Emily Mortimer, Toronto, Sept. 2004

I'VE WRITTEN HERE BEFORE THAT ONE OF THE STRANGEST THINGS ABOUT PHOTOGRAPHING ACTORS is the likelihood - more common with young actresses than anyone else, admittedly - that you might have seen them naked, onscreen, before you ever meet them, fully clothed and in person. It's a forced intimacy that happens with almost no one else, and it has never seemed fair or right.

A couple of years before I took these portraits of the British actress Emily Mortimer, I'd reviewed a movie called Lovely & Amazing, in which Mortimer and Catherine Keener played the unhappy daughters of an equally troubled mother. In one particularly brutal scene, Mortimer's character, an aspiring actress, asks the callow movie star she's dating (Dermot Mulroney) to do a critique of her body.

She stands nude at the foot of his bed while he goes into pitiless detail, after which she meekly thanks him. Watching it, I couldn't help but feel some measure of her humiliation, and I like to imagine that was the intention of director Nicole Holofcener, otherwise the scene is mere pointless cruelty.

Emily Mortimer, Toronto, Sept. 2004

Nude scenes have become a rite of passage for young actresses in and outside Hollywood, with screen captures that will pop up in a Google image search forever afterward. Mortimer has survived hers - they sometimes mark the beginning of the end of budding careers - and has had a very decent career in Hollywood and the UK, often cast as the "brainy but beautiful" character, and voicing a role in a Pixar film.

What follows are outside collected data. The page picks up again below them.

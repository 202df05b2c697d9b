-- ===== src/Replication/Csr.antt =====
-- partition/src/replication_step.cpp, get_node2edge: the edges of every node, as one array with the
-- place where each node's edges start. Arrays of nodes are functions; counters are below 2 ^ 31.
pub mod Events
pub mod Slices
pub mod Fill
use max_embed.Prelude.{ℕ, zero, suc, ◌+◌, ◌-◌, List, [], ◌∷◌, ◌++◌, get_or}
use max_embed.Partition.{update}
use max_embed.PartitionStep.{Hypergraph}

-- The order in which the threads do the rounds of the two parallel loops, and the memory that
-- node2edge_data starts with. A round of the second loop is an edge and a position.
pub record Schedule : Type 0 where
  pub pin_order : List ℕ
  pub edge_order : List (ℕ × ℕ)
  pub memory : ℕ → ℕ

-- atomic_cnt_ptr[pins[i]].fetch_add(1)
unfoldable pub count_pins : List ℕ → List ℕ → (ℕ → ℕ) → ℕ → ℕ
count_pins pins [] cnt = cnt
count_pins pins (i ∷ order) cnt =
    let node = get_or pins i 0 in count_pins pins order (update cnt node (cnt node + 1))

-- for (i = 1; i < c + 1; i++): `n` rounds are left.
unfoldable pub sum_counts : (ℕ → ℕ) → ℕ → ℕ → (ℕ → ℕ) → ℕ → ℕ
sum_counts cnt zero i idx = idx
sum_counts cnt (suc n) i idx = sum_counts cnt n (i + 1) (update idx i (idx (i - 1) + cnt (i - 1)))

pub record Filling : Type 0 where
  pub cnt : ℕ → ℕ
  pub edges : ℕ → ℕ

unfoldable pub fill_edges : List ℕ → (ℕ → ℕ) → List (ℕ × ℕ) → Filling → Filling
fill_edges pins idx [] s = s
fill_edges pins idx ((i, j) ∷ order) s =
    let node = get_or pins j 0 in
    let pos = s.cnt node in
    fill_edges pins idx order
      (record { cnt = update s.cnt node (pos + 1); edges = update s.edges (pos + idx node) i })

pub record Node2Edge : Type 0 where
  pub idx : ℕ → ℕ
  pub edges : ℕ → ℕ

unfoldable pub get_node2edge : Schedule → Hypergraph → Node2Edge
get_node2edge sched g =
    let cnt = count_pins g.pins sched.pin_order (λ k. 0) in
    let idx = sum_counts cnt g.c 1 (λ k. 0) in
    let s =
      fill_edges g.pins idx sched.edge_order (record { cnt = λ k. 0; edges = sched.memory }) in
    record { idx = idx; edges = s.edges }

Besides being a fine actress, Mortimer has the gift of a particular sort of beauty - the "English rose" - that hasn't been sharpened to a fine point by Hollywood glamour. I wish the shots I'd taken during our very brief portrait shoot had been better, but I think it probably would have taken more than a couple of dozen frames to get past her polite reserve, or for me to overcome my own embarrassment.


Friday, April 20, 2018

Selma Blair

Selma Blair, Toronto, Sept. 2004

MY BUSY DAY AT THE FILM FESTIVAL ENDED ON A POSITIVE NOTE when Chris and I interviewed Selma Blair, back in the dim rooms at the Intercontinental on Bloor. She was at the festival to promote A Dirty Shame, John Waters' latest - at this writing also his last - movie, after a summer where her profile had been boosted considerable with the release of the first Hellboy film.

It was her - and our - last interview of the day, and she asked if I could take the pictures first. The suite at the hotel had been stripped of most of its furniture, with the exception of a couple of Biedermeir style chairs and a love seat. It was mid-afternoon and there was just enough light in the room for something more than just a head shot.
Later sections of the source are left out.